At its simplest, this means storing ‘favourites’ more intelligently. Even in the enterprise, the same documents are accessed by members of a team over and over again. And some websites, such as Ask.com, now have a facility to save all previous searches, enabling users to create what is a effectively a mini-database of all the websites they have ever visited via that portal.
Within the enterprise, Autonomy’s enterprise platform IDOL can pool search information, so that searches made by one colleague can help narrow the search made by another – a powerful technique for team workers, in particular.
This is expected to become more popular on the Internet.

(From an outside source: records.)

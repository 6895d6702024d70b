-- ===== src/Kv/Log/Unvisited.antt =====
-- Which subblocks a client that starts again has in its queue.
use fusee_fs.Prelude.{
  ℕ, zero, suc, ◌+◌, ◌<◌, ◌≤◌, ◌≡◌, refl, ap, ◌∙◌, Bool, true, false, ◌==◌, ◌⊎◌, inl, inr, some,
  List, [], ◌∷◌, ◌++◌, length, length-append, All, Bool-cases, if_true, if_false, ==_iff, arith,
  if◌then◌else◌,
}
use fusee_fs.Kv.Subblocks.{SubblockInfo, ClientMm}
use fusee_fs.Kv.Client.{RemoteAddr}
use fusee_fs.Kv.Client.Slots.{first_replica}
use fusee_fs.Kv.Log.Recovery.{
  pr_addr, is_visited, queue_head_pr_addr, last_allocated_pr_addr, Recovered, push,
  recover_subblock, recover_subblocks, restore, mm_recover_mm_blocks,
}
use fusee_fs.Kv.Log.Merged.{count_of, count_of-append, total, merge-total}

-- The subblocks at no address that the traversal has visited.
unfoldable pub unvisited : List RemoteAddr → List SubblockInfo → List SubblockInfo
unvisited visited [] = []
unvisited visited (s ∷ subblocks) =
    let rest = unvisited visited subblocks in
    if is_visited visited (pr_addr (first_replica s)) then rest else s ∷ rest

queue_head_allocated :
    (a : RemoteAddr) (visited : List RemoteAddr)
    → is_visited (a ∷ visited) (queue_head_pr_addr (a ∷ visited)) ≡ true
unfolding is_visited queue_head_pr_addr
queue_head_allocated a [] = ground arith
queue_head_allocated a (b ∷ visited) = ground (arith, queue_head_allocated b visited)

last_allocated_allocated :
    (garbage : ℕ) (a b : RemoteAddr) (visited : List RemoteAddr)
    → is_visited (a ∷ b ∷ visited) (last_allocated_pr_addr garbage (a ∷ b ∷ visited)) ≡ true
unfolding is_visited last_allocated_pr_addr
last_allocated_allocated garbage a b [] = ground arith
last_allocated_allocated garbage a b (c ∷ visited) =
    ground (arith, last_allocated_allocated garbage b c visited)

module _ (p : SubblockInfo → Bool) where
  total-push_below :
      (n i server_id : ℕ) (s : SubblockInfo) (queues : ℕ → List SubblockInfo)
      → server_id < i
      → total p n i (push server_id s queues) ≡ total p n i queues
  unfolding total push
  total-push_below zero i server_id s queues h = refl
  total-push_below (suc n) i server_id s queues h =
      let other : (i == server_id) ≡ false = ground (arith, h) in
      rw other (omega (arith, total-push_below n (i + 1) server_id s queues (omega (arith, h))))

  total-push :
      (n i server_id : ℕ) (s : SubblockInfo) (queues : ℕ → List SubblockInfo)
      → i ≤ server_id
      → server_id < i + n
      → total p n i (push server_id s queues) ≡ total p n i queues + count_of p (s ∷ [])
  unfolding total push count_of
  total-push zero i server_id s queues h k = absurd (omega (arith, h, k))
  total-push (suc n) i server_id s queues h k = elim (Bool-cases (i == server_id)) [
    | inl e ↦
        let below = total-push_below n (i + 1) server_id s queues (ground (arith, e)) in
        let own : count_of p (push server_id s queues i)
            ≡ count_of p (queues i) + count_of p (s ∷ []) =
          ap (count_of p) (if_true (i == server_id) _ _ e)
          ∙ count_of-append p (queues i) (s ∷ []) in
        omega (arith, below, own)
    | inr e ↦
        let rest = total-push n (i + 1) server_id s queues (ground (arith, e)) (omega (arith, k)) in
        let own : count_of p (push server_id s queues i) ≡ count_of p (queues i) =
          ap (count_of p) (if_false (i == server_id) _ _ e) in
        omega (arith, rest, own)
  ]

length-push :
    (i : ℕ) (s : SubblockInfo) (q : ℕ → List SubblockInfo) (j : ℕ)
    → length (push i s q j) ≤ length (q j) + 1
unfolding push
length-push i s q j = elim (Bool-cases (j == i)) [
  | inl e ↦
      let now = ap length (if_true (j == i) (q j ++ s ∷ []) (q j) e) in
      omega (arith, now, length-append (q j) (s ∷ []))
  | inr e ↦ let now = ap length (if_false (j == i) (q j ++ s ∷ []) (q j) e) in omega (arith, now)
]

module _ (garbage : ℕ) (visited : List RemoteAddr)
    (head_known : is_visited visited (queue_head_pr_addr visited) ≡ true)
    (last_known : is_visited visited (last_allocated_pr_addr garbage visited) ≡ true) where
  -- A subblock is put into the queue of its server exactly where its address was not visited.
  recover_subblock-cases :
      (s : SubblockInfo) (r : Recovered)
      → let cur = pr_addr (first_replica s) in
        let after = (recover_subblock garbage visited s r).all_subblock_queue in
        ((is_visited visited cur ≡ true) × (after ≡ r.all_subblock_queue))
        ⊎ ((is_visited visited cur ≡ false)
            × (after ≡ push (first_replica s).0 s r.all_subblock_queue))
  unfolding recover_subblock
  recover_subblock-cases s r =
      let cur = pr_addr (first_replica s) in
      elim (Bool-cases (cur == queue_head_pr_addr visited)) [
        | inl e ↦ inl (
          ap (is_visited visited) ((==_iff cur (queue_head_pr_addr visited)).0 e) ∙ head_known,
          ap (λ (t : Recovered). t.all_subblock_queue) (if_true _ _ _ e),
        )
        | inr other ↦ elim (Bool-cases (cur == last_allocated_pr_addr garbage visited)) [
          | inl e ↦ inl (
            ap (is_visited visited) ((==_iff cur (last_allocated_pr_addr garbage visited)).0 e)
                ∙ last_known,
            ap (λ (t : Recovered). t.all_subblock_queue) (if_false _ _ _ other ∙ if_true _ _ _ e),
          )
          | inr other₂ ↦ elim (Bool-cases (is_visited visited cur)) [
            | inl e ↦ inl (
              e,
              ap (λ (t : Recovered). t.all_subblock_queue)
                  (if_false _ _ _ other ∙ if_false _ _ _ other₂ ∙ if_true _ _ _ e),
            )
            | inr e ↦ inr (
              e,
              ap (λ (t : Recovered). t.all_subblock_queue)
                  (if_false _ _ _ other ∙ if_false _ _ _ other₂ ∙ if_false _ _ _ e),
            )
          ]
        ]
      ]

  recover_subblocks-total :
      (p : SubblockInfo → Bool) (n : ℕ) (subblocks : List SubblockInfo) (r : Recovered)
      → All (λ s. (first_replica s).0 < n) subblocks
      → total p n 0 (recover_subblocks garbage visited subblocks r).all_subblock_queue
        ≡ total p n 0 r.all_subblock_queue + count_of p (unvisited visited subblocks)
  unfolding recover_subblocks unvisited count_of
  recover_subblocks-total p n [] r h = omega arith
  recover_subblocks-total p n (s ∷ subblocks) r h =
      let u = recover_subblock garbage visited s r in
      let rest = recover_subblocks-total p n subblocks u h.1 in
      elim (recover_subblock-cases s r) [
        | inl (known, same) ↦
            let now = ap (total p n 0) same in
            let left = ap (count_of p) (
              if_true (is_visited visited (pr_addr (first_replica s))) (unvisited visited subblocks)
                (s ∷ unvisited visited subblocks) known) in
            omega (arith, rest, now, left)
        | inr (free, pushed) ↦
            let now =
              ap (total p n 0) pushed
              ∙ total-push p n 0 (first_replica s).0 s r.all_subblock_queue (omega arith)
                  (omega (arith, h.0)) in
            let left = ap (count_of p) (
              if_false (is_visited visited (pr_addr (first_replica s)))
                (unvisited visited subblocks) (s ∷ unvisited visited subblocks) free) in
            omega (arith, rest, now, left)
      ]

  -- No queue is longer than the list of all subblocks.
  recover_subblocks-length :
      (j : ℕ) (subblocks : List SubblockInfo) (r : Recovered)
      → length ((recover_subblocks garbage visited subblocks r).all_subblock_queue j)
        ≤ length (r.all_subblock_queue j) + length subblocks
  unfolding recover_subblocks
  recover_subblocks-length j [] r = omega arith
  recover_subblocks-length j (s ∷ subblocks) r =
      let u = recover_subblock garbage visited s r in
      let rest = recover_subblocks-length j subblocks u in
      elim (recover_subblock-cases s r) [
        | inl (known, same) ↦
            let now = ap (λ (q : ℕ → List SubblockInfo). length (q j)) same in
            omega (arith, rest, now)
        | inr (free, pushed) ↦
            let now = ap (λ (q : ℕ → List SubblockInfo). length (q j)) pushed in
            omega (arith, rest, now, length-push (first_replica s).0 s r.all_subblock_queue j)
      ]

empty_queues : (p : SubblockInfo → Bool) (n i : ℕ) → total p n i (λ j. []) ≡ 0
unfolding total count_of
empty_queues p zero i = refl
empty_queues p (suc n) i = omega (arith, empty_queues p n (i + 1))

-- A client that starts again with a log of at least two records ends its rounds, and its queue is the head
-- and then, as often as they are among the subblocks of its blocks, those that the log did not visit: none that it
-- had allocated, and none is lost. This is for blocks on the servers that there are; the fuel is one more
-- than the number of subblocks.
pub mm_recover_mm_blocks-unvisited :
    (p : SubblockInfo → Bool) (subblock_sz n garbage : ℕ) (unset : SubblockInfo) (a b : RemoteAddr)
    (visited : List RemoteAddr) (subblocks : List SubblockInfo)
    → All (λ s. (first_replica s).0 < n) subblocks
    → (m : ClientMm) × (head : SubblockInfo) × (queue : List SubblockInfo) × (mm_recover_mm_blocks
          (suc (length subblocks))
          subblock_sz
          n
          garbage
          unset
          (a ∷ b ∷ visited)
          subblocks
        ≡ some m)
      × (m.subblock_free_queue ≡ head ∷ queue)
      × (count_of p queue ≡ count_of p (unvisited (a ∷ b ∷ visited) subblocks))
unfolding mm_recover_mm_blocks restore
mm_recover_mm_blocks-unvisited p subblock_sz n garbage unset a b visited subblocks on_server =
    let known = queue_head_allocated a (b ∷ visited) in
    let last = last_allocated_allocated garbage a b visited in
    let start : Recovered = record {
      all_subblock_queue = λ i. [];
      queue_head_info = unset;
      last_allocated_info = unset;
    } in
    let r = recover_subblocks garbage (a ∷ b ∷ visited) subblocks start in
    let (queue, merged, whole) = merge-total p (length subblocks) n r.all_subblock_queue (λ j low.
      omega
        (arith, recover_subblocks-length garbage (a ∷ b ∷ visited) known last j subblocks start)) in
    let sum =
      recover_subblocks-total garbage (a ∷ b ∷ visited) known last p n subblocks start on_server in
    (
      _,
      r.queue_head_info,
      queue,
      ap (restore subblock_sz r) merged,
      refl,
      omega (arith, whole, sum, empty_queues p n 0),
    )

Search engines can model the searches of like-minded individuals to offer up apparently insightful results – a process not dissimilar to Amazon.com’s “People who read this book also liked…”
system of suggesting alternative purchases to online shoppers.
Whatever automated methods are used to aid search and find meaning, most experts agree that tagging, when done properly, produces definitive, practical results. But the process of creating taxonomies and labelling content is an arduous manual task. Is there a better way?
Two solutions are being tried, so far with mixed results. In the enterprise, one approach is to automatically generate metadata tags from the document. This works best in a formalised, controlled environment, possibly using pre-defined vocabularies. At its Almaden Research Centre in California, IBM has developed a method for automatically tagging documents in a very structured away, based not just on a document’s content, but also the way it is formatted and used.
On the web, another approach is to enable the user to tag the documents themselves – a method used on photos on Yahoo’s popular Flickr site, for example. These tags create so called ‘folksonomies’. But in spite of the appeal, critics do not think web users will be disciplined enough to add metadata to their pages in a consistent, reliable way. To do this, they would need to adopt a ‘collabulary’ – a collaborative vocabulary.
Most researchers agree: it should be possible to ask a computer to find a document by using natural speech. An unproven alternative to Bayesian analysis is semantic analysis: analysing speech to understand meaning. This would give more precise answers to vague questions. Although some commercial products exist, the ambiguity and inconsistencies of natural language presents major barriers. Recently, IBM’s Thomas J Watson Research Center in New York demonstrated a system called ‘Piquant’, based on its Semantic Analysis Workbench. Visitors report that it appeared to understand meaning well – but were unclear about which technologies are actually used.
Today, there is no such thing as perfect search. But in all likelihood, the ultimate search engine will use many techniques, with Bayesian technology, auto-categorisation, semantic analysis and computer generated ‘disambiguation’ all playing key roles.